My wife had an affair 3 years ago. When it came to light, my initial reaction was to leave of course but agreed to go to therapy to try and save the marriage. We have since stayed together and even had another baby (yes I'm sure she's mine!!!) but I'm still having a really hard time dealing with it. I have ups and downs that are a huge source of anxiety and I'm affraid I will never get over this.

She realizes it was a huge mistake and feels horrible and embarassed about what she did. She is willing to talk about it but prefers to talk about the future rather than dwell in the past. 

I can tell that she's trying to be a great wife but I've completely lost my self-confidence which makes it very hard for me to accept that she's here and we will work this out.

I have no interest in divorce right now cause I can see she loves me and I know I love her. Is anybody else been through this and stayed together?


----------



## Tron

Nov,

Have you spent any time in IC or MC?

I suggest you spend a little time in the Reconciliation thread on the Coping With Infidelity board. http://talkaboutmarriage.com/coping-infidelity/52974-reconciliation.html

I am currently 10 years into my R and 10 yrs past DDay, BTW. My infidelity was 20 yrs ago.
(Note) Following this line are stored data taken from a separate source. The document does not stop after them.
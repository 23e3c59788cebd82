-- ===== src/Server/Copies.antt =====
-- src/server/server.cc: RespondBackup and Backup, the two ends of a copy.
use plug_in_ml.Base.{
  ℕ, zero, suc, ◌+◌, ◌-◌, ◌%◌, ◌≤◌, ◌<◌, ◌≡◌, refl, sym, ap, ap₂, ◌∙◌, Bool, true, false, some,
  List, [], ◌∷◌, ◌++◌, ℤ, pos, ◌+ℤ◌, get_elem?, get_elem?-some, get_elem?-middle, set, set-middle,
  length, length-append, length-replicate, replicate, drop, drop-cons, for, lookup, arith, ◌==◌,
  if◌then◌else◌,
}
use mathlib.Core.List.{append_assoc, append-nil}
use native.Mathlib.Nat.{add-mod_right, mod-eq_of_lt}
use native.Mathlib.Decide.{dec_lt}
use plug_in_ml.Floats.{FloatOps, zero_value}
use plug_in_ml.Message.{Message, Addr, RequestType, RequestMessage}
use plug_in_ml.Communicator.{send}
use plug_in_ml.Server.State.{Server}
use plug_in_ml.Server.Pull.{key_value_reply, add_entry}
use plug_in_ml.Server.Backup.{
  backup_request, predecessor, backup_index, respond_backup, copy_value, backup,
}
use plug_in_ml.Server.Handle.{handle, handle_server}
use plug_in_ml.Server.Store.{touch-known, index_of-known}

-- The keys of a segment from its `i`-th on.
pub segment_keys : ℤ → ℕ → ℕ → List ℤ
segment_keys start i zero = []
segment_keys start i (suc n) = (start +ℤ pos i) ∷ segment_keys start (suc i) n

module _ {F : Type 0} where
  respond_loop :
      (start : ℤ) (parameters ps : List F) (i : ℕ) (keys : List ℤ) (values : List F)
      → drop i parameters ≡ ps
      → for
          (length ps)
          i
          (λ i. add_entry (λ j. some (start +ℤ pos j)) (λ key. get_elem? parameters i) i)
          (keys, values)
        ≡ some (keys ++ segment_keys start i (length ps), values ++ ps)
  unfolding for add_entry segment_keys
  respond_loop start parameters [] i keys values e =
      ap some (ap₂ (λ a b. (a, b)) (sym (append-nil keys)) (sym (append-nil values)))
  respond_loop start parameters (p ∷ ps) i keys values e =
      let here = drop-cons parameters i p ps e in
      let k = start +ℤ pos i in
      rw
        (
          here.0,
          respond_loop start parameters ps (suc i) (keys ++ k ∷ []) (values ++ p ∷ []) here.1,
          append_assoc keys (k ∷ []) (segment_keys start (suc i) (length ps)),
          append_assoc values (p ∷ []) ps,
        )
        refl

  -- The reply with all keys and parameters.
  pub own_reply : Server F → ℤ → Message F
  own_reply s dst =
      key_value_reply s.local_id dst (segment_keys s.start_key 0 s.parameter_length) s.parameters

  pub respond_backup_lem :
      (s : Server F) (dst : ℤ)
      → length s.parameters ≡ s.parameter_length
      → respond_backup s dst ≡ some (record s { sender = send dst (own_reply s dst) s.sender })
  unfolding respond_backup own_reply
  respond_backup_lem s dst sized =
      rw (sym sized, respond_loop s.start_key s.parameters s.parameters 0 [] [] refl) refl

module _ {F : Type 0} ⦃ops : FloatOps F⦄ where
  copy_loop :
      (values vs pre old : List F)
      → drop (length pre) values ≡ vs
      → length vs ≡ length old
      → for (length vs) (length pre) (copy_value values) (pre ++ old) ≡ some (pre ++ vs)
  unfolding for copy_value
  copy_loop values [] pre [] e same = refl
  copy_loop values [] pre (o ∷ old) e same = absurd (omega arith)
  copy_loop values (v ∷ vs) pre [] e same = absurd (omega arith)
  copy_loop values (v ∷ vs) pre (o ∷ old) e same =
      let here = drop-cons values (length pre) v vs e in
      let grown : suc (length pre) ≡ length (pre ++ v ∷ []) =
        omega (arith, length-append pre (v ∷ [])) in
      rw (here.0, get_elem?-middle pre o old, set-middle pre o v old, grown)
        (copy_loop values vs (pre ++ v ∷ []) old (ap (λ n. drop n values) (sym grown) ∙ here.1)
            (omega arith)
          ∙ ap some (append_assoc pre (v ∷ []) vs))

  -- The copy is made anew when its length differs, and ends with the values of the reply.
  pub backup_lem :
      (s : Server F) (msg : Message F) (body : RequestMessage F) (old : List F) (i : ℕ)
      → lookup msg.send_id s.servers ≡ some i
      → msg.request_msg ≡ some body
      → get_elem? s.backup_parameters (backup_index s msg.send_id) ≡ some old
      → backup s msg
        ≡ some (record s {
          backup_parameters = set s.backup_parameters (backup_index s msg.send_id) body.values;
        })
  unfolding backup
  backup_lem s msg body old i known has here =
      rw
        (
          has,
          here,
          touch-known msg.send_id i s.servers known,
          copy_loop body.values body.values []
              (if length old == length body.values
                then old
                else replicate (length body.values) zero_value)
              refl (sized (length old == length body.values) refl),
        )
        refl
    where
      sized :
          (b : Bool)
          → (length old == length body.values) ≡ b
          → length body.values
            ≡ length (if b then old else replicate (length body.values) zero_value)
      sized true e = ground arith
      sized false e = sym (length-replicate (length body.values) zero_value)

-- The place of the copy of the server `k` places before.
pub backup_index-predecessor :
    {F : Type 0} (s : Server F) (k : ℕ) (id : ℤ)
    → 0 < k
    → k < s.server_num
    → s.local_index < s.server_num
    → lookup id s.servers ≡ some (predecessor s k)
    → backup_index s id ≡ k - 1
unfolding backup_index predecessor
backup_index-predecessor s k id some_k few own known =
    ap (λ p. (s.local_index + s.server_num - 1 - p) % s.server_num)
      (index_of-known id (predecessor s k) s.servers known)
    ∙ places s.server_num s.local_index k some_k few own
  where
    wraps : (n a b : ℕ) → a < n → b ≡ a + n → b % n ≡ a
    wraps n a b h e = ap (λ m. m % n) e ∙ add-mod_right a n ∙ mod-eq_of_lt h

    stays : (n a b : ℕ) → a < n → b ≡ a → b % n ≡ a
    stays n a b h e = ap (λ m. m % n) e ∙ mod-eq_of_lt h

    places : (n l k : ℕ) → 0 < k → k < n → l < n → (l + n - 1 - (l + n - k) % n) % n ≡ k - 1
    places n l k h few own = elim (dec_lt l k) [
      | yes round ↦
          let p = stays n (l + n - k) (l + n - k) (omega arith) refl in
          stays n (k - 1) (l + n - 1 - (l + n - k) % n) (omega arith) (omega (arith, p))
      | no before ↦
          let p = wraps n (l - k) (l + n - k) (omega arith) (omega arith) in
          wraps n (k - 1) (l + n - 1 - (l + n - k) % n) (omega arith) (omega (arith, p))
    ]

module _ {F : Type 0} ⦃ops : FloatOps F⦄ where
  -- A request for a copy, from server `b` to server `a`, which is `k` places before it, with one
  -- parameter for each key of the segment of `a`: `a` answers with a message after which the copy
  -- `k - 1` of `b` is the parameters of `a`; nothing else of `b` changes.
  pub handle-backup_request :
      (zmq_close : Addr → ℤ) (a b : Server F) (i k : ℕ)
      → length a.parameters ≡ a.parameter_length
      → lookup b.local_id a.servers ≡ some i
      → 0 < k
      → k < b.server_num
      → b.local_index < b.server_num
      → lookup a.local_id b.servers ≡ some (predecessor b k)
      → k ≤ length b.backup_parameters
      → (reply : Message F) × (handle zmq_close a (backup_request b.local_id a.local_id)
          ≡ some (record a { sender = send b.local_id reply a.sender }))
        × (handle zmq_close b reply
            ≡ some (record b { backup_parameters = set b.backup_parameters (k - 1) a.parameters }))
  unfolding handle handle_server backup_request own_reply key_value_reply
  handle-backup_request zmq_close a b i k sized peer some_k few own known kept =
      let slot = backup_index-predecessor b k a.local_id some_k few own known in
      let old = get_elem?-some b.backup_parameters (k - 1) (omega arith) in
      (
        own_reply a b.local_id,
        rw (handle, backup_request, peer, handle_server) (respond_backup_lem a b.local_id sized),
        rw (handle, own_reply, key_value_reply, known, handle_server)
            (backup_lem b (own_reply a b.local_id)
                (record {
                  request_type = RequestType.key_value;
                  keys = segment_keys a.start_key 0 a.parameter_length;
                  values = a.parameters;
                })
                old.0 (predecessor b k) known refl (ap (get_elem? b.backup_parameters) slot ∙ old.1)
              ∙ ap
                  (λ j.
                    some (record b { backup_parameters = set b.backup_parameters j a.parameters }))
                  slot),
      )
We are still here working on our M and still reconciling.


----------



## nogutsnoglory

Nov18/2010 said:


> Hello.
> My wife had an affair 3 years ago. When it came to light, my initial reaction was to leave of course but agreed to go to therapy to try and save the marriage. We have since stayed together and even had another baby (yes I'm sure she's mine!!!) but I'm still having a really hard time dealing with it. I have ups and downs that are a huge source of anxiety and I'm affraid I will never get over this.
> 
> She realizes it was a huge mistake and feels horrible and embarassed about what she did. *She is willing to talk about it but prefers to talk about the future rather than dwell in the past. *
> 
> I can tell that she's trying to be a great wife but I've completely lost my self-confidence which makes it very hard for me to accept that she's here and we will work this out.
> 
> I have no interest in divorce right now cause I can see she loves me and I know I love her. Is anybody else been through this and stayed together?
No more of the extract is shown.